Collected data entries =
-*-*-
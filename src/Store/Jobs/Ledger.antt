-- ===== src/Store/Jobs/Ledger.antt =====
-- The keys and the order of the chunk ledger of openvtld/internal/store/jobs.go.
use open_vtl.Prelude.{
  ℕ, suc, ◌+◌, ◌≤◌, ◌<◌, ◌≡◌, refl, sym, ap, ◌∙◌, Bool, true, false, not, ◌&&◌, inl, inr,
  Bool-cases, List, [], ◌∷◌, ◌++◌, arith, ltb, leb, false_is_not_true, ◌==◌, ==_iff, if◌then◌else◌,
  remove_rows, update_rows, count_rows,
}
use open_vtl.Store.{ExportChunk}
use open_vtl.Store.Jobs.{has_key, upsert_chunk, of_job, insert_by_idx, sort_by_idx, ledger_rows}

abbrev pub one : Bool → ℕ
one b = if b then 1 else 0

-- UNIQUE(job_id, idx)
pub record IsKeyed (rows : List ExportChunk) : Type 0 where
  pub at_most_once : (job_id idx : ℕ) → count_rows (has_key job_id idx) rows ≤ 1

pub count-append :
    (test : ExportChunk → Bool) (rows : List ExportChunk) (c : ExportChunk)
    → count_rows test (rows ++ c ∷ []) ≡ count_rows test rows + one (test c)
unfolding count_rows
count-append test [] c = omega arith
count-append test (d ∷ rows) c = omega (arith, count-append test rows c)

-- An update that keeps the keys keeps their counts.
count-update :
    (c : ExportChunk) (job_id idx : ℕ) (rows : List ExportChunk)
    → count_rows (has_key job_id idx) (update_rows (has_key c.job_id c.idx) (λ old. c) rows)
      ≡ count_rows (has_key job_id idx) rows
unfolding count_rows update_rows
count-update c job_id idx [] = refl
count-update c job_id idx (d ∷ rows) =
    let again = count-update c job_id idx rows in ground (arith, again)

found_none :
    (test : ExportChunk → Bool) (rows : List ExportChunk)
    → ltb 0 (count_rows test rows) ≡ false
    → count_rows test rows ≡ 0
found_none test rows h = ground arith

pub both : (a b : Bool) → (a && b) ≡ true → (a ≡ true) × (b ≡ true)
both true true h = (refl, refl)
both true false h = false_is_not_true h
both false b h = false_is_not_true h

-- A key that is not in the table is there once after the row is appended.
append-key :
    (c : ExportChunk) (rows : List ExportChunk) (j i : ℕ)
    → count_rows (has_key c.job_id c.idx) rows ≡ 0
    → count_rows (has_key j i) rows ≤ 1
    → count_rows (has_key j i) (rows ++ c ∷ []) ≤ 1
append-key c rows j i absent below = elim (Bool-cases (has_key j i c)) [
  | inl same ↦
      let e = both (c.job_id == j) (c.idx == i) same in
      let there : count_rows (has_key j i) rows ≡ 0 =
        sym (rw ((==_iff c.job_id j).0 e.0, (==_iff c.idx i).0 e.1)) ∙ absent in
      omega (arith, count-append (has_key j i) rows c, ap one same, there)
  | inr other ↦ omega (arith, count-append (has_key j i) rows c, ap one other, below)
]

pub upsert_chunk-IsKeyed :
    (c : ExportChunk) (rows : List ExportChunk) → IsKeyed rows → IsKeyed (upsert_chunk c rows)
unfolding upsert_chunk
upsert_chunk-IsKeyed c rows keyed = record {
  at_most_once = λ j i. elim (Bool-cases (ltb 0 (count_rows (has_key c.job_id c.idx) rows))) [
    | inl there ↦ rw there (omega (arith, count-update c j i rows, keyed.at_most_once j i))
    | inr absent ↦ rw absent (
        append-key c rows j i (found_none (has_key c.job_id c.idx) rows absent)
          (keyed.at_most_once j i))
  ];
}

-- The rows' numbers ascend from `low`.
unfoldable pub Ascending : ℕ → List ExportChunk → Type 0
Ascending low [] = Unit {0}
Ascending low (c ∷ cs) = (low ≤ c.idx) × Ascending (suc c.idx) cs

abbrev pub has_idx : ℕ → ExportChunk → Bool
has_idx i c = c.idx == i

pub absent_below :
    (test : ExportChunk → Bool) (i : ℕ) (low : ℕ) (cs : List ExportChunk)
    → ((c : ExportChunk) → test c ≡ true → c.idx ≡ i)
    → Ascending low cs
    → i < low
    → count_rows test cs ≡ 0
unfolding Ascending count_rows
absent_below test i low [] is_i a h = refl
absent_below test i low (c ∷ cs) is_i (l, a) h = elim (Bool-cases (test c)) [
  | inl hit ↦ absurd (omega (arith, is_i c hit))
  | inr miss ↦
      let rest = absent_below test i (suc c.idx) cs is_i a (omega arith) in
      omega (arith, ap one miss, rest)
]

count-insert_by_idx :
    (test : ExportChunk → Bool) (c : ExportChunk) (cs : List ExportChunk)
    → count_rows test (insert_by_idx c cs) ≡ one (test c) + count_rows test cs
unfolding insert_by_idx count_rows
count-insert_by_idx test c [] = refl
count-insert_by_idx test c (d ∷ cs) = elim (Bool-cases (leb c.idx d.idx)) [
  | inl before ↦ rw before
  | inr after ↦ rw after (omega (arith, count-insert_by_idx test c cs))
]

count-sort_by_idx :
    (test : ExportChunk → Bool) (cs : List ExportChunk)
    → count_rows test (sort_by_idx cs) ≡ count_rows test cs
unfolding sort_by_idx count_rows
count-sort_by_idx test [] = refl
count-sort_by_idx test (c ∷ cs) =
    omega (arith, count-insert_by_idx test c (sort_by_idx cs), count-sort_by_idx test cs)

insert-Ascending :
    (c : ExportChunk) (low : ℕ) (cs : List ExportChunk)
    → Ascending low cs
    → low ≤ c.idx
    → count_rows (has_idx c.idx) cs ≡ 0
    → Ascending low (insert_by_idx c cs)
unfolding insert_by_idx Ascending count_rows
insert-Ascending c low [] a l absent = (l, tt)
insert-Ascending c low (d ∷ cs) (m, a) l absent = elim (Bool-cases (d.idx == c.idx)) [
  | inl same ↦ absurd (omega (arith, absent, ap one same))
  | inr differ ↦ elim (Bool-cases (leb c.idx d.idx)) [
    | inl before ↦ rw before (l, (less c.idx d.idx before differ, a))
    | inr after ↦ rw after (
      m,
      insert-Ascending c (suc d.idx) cs a (more c.idx d.idx after)
          (omega (arith, absent, ap one differ)),
    )
  ]
]
  where
    less : (a b : ℕ) → leb a b ≡ true → (b == a) ≡ false → a < b
    less a b h e = ground arith

    more : (a b : ℕ) → leb a b ≡ false → b < a
    more a b h = ground arith

sort-Ascending :
    (cs : List ExportChunk)
    → ((i : ℕ) → count_rows (has_idx i) cs ≤ 1)
    → Ascending 0 (sort_by_idx cs)
unfolding sort_by_idx Ascending count_rows
sort-Ascending [] once = tt
sort-Ascending (c ∷ cs) once =
    insert-Ascending c 0 (sort_by_idx cs) (sort-Ascending cs (λ i. omega (arith, once i)))
      (omega arith)
      (omega (arith, count-sort_by_idx (has_idx c.idx) cs, once c.idx, ap one (self c.idx)))
  where
    self : (i : ℕ) → (i == i) ≡ true
    self i = ground arith

-- Among the rows that are kept, a test counts those that pass both.
count-select :
    (test keep : ExportChunk → Bool) (rows : List ExportChunk)
    → count_rows test (remove_rows (λ c. not (keep c)) rows)
      ≡ count_rows (λ c. keep c && test c) rows
unfolding count_rows remove_rows
count-select test keep [] = refl
count-select test keep (c ∷ rows) =
    let rest = count-select test keep rows in
    elim (Bool-cases (keep c)) [
      | inl kept ↦ rw kept (omega (arith, rest))
      | inr dropped ↦ rw dropped (omega (arith, rest))
    ]

-- What the ledger of a job counts, the table counts among the rows of the job.
pub count-ledger_rows :
    (test : ExportChunk → Bool) (job_id : ℕ) (rows : List ExportChunk)
    → count_rows test (ledger_rows job_id rows) ≡ count_rows (λ c. of_job job_id c && test c) rows
unfolding ledger_rows
count-ledger_rows test job_id rows =
    count-sort_by_idx test (remove_rows (λ c. not (of_job job_id c)) rows)
    ∙ count-select test (of_job job_id) rows

pub ledger_rows-Ascending :
    (job_id : ℕ) (rows : List ExportChunk) → IsKeyed rows → Ascending 0 (ledger_rows job_id rows)
unfolding ledger_rows
ledger_rows-Ascending job_id rows keyed =
    sort-Ascending (remove_rows (λ c. not (of_job job_id c)) rows) (λ i.
      omega (arith, count-select (has_idx i) (of_job job_id) rows, keyed.at_most_once job_id i))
-*-*-
TASK DETAILS = Return exactly the lines above from the line that has "both false b h = false_is_not_true h" through the line that has "let there : count_rows", inclusive, and nothing else.

RESPONSE AREA =
both false b h = false_is_not_true h

-- A key that is not in the table is there once after the row is appended.
append-key :
    (c : ExportChunk) (rows : List ExportChunk) (j i : ℕ)
    → count_rows (has_key c.job_id c.idx) rows ≡ 0
    → count_rows (has_key j i) rows ≤ 1
    → count_rows (has_key j i) (rows ++ c ∷ []) ≤ 1
append-key c rows j i absent below = elim (Bool-cases (has_key j i c)) [
  | inl same ↦
      let e = both (c.job_id == j) (c.idx == i) same in
      let there : count_rows (has_key j i) rows ≡ 0 =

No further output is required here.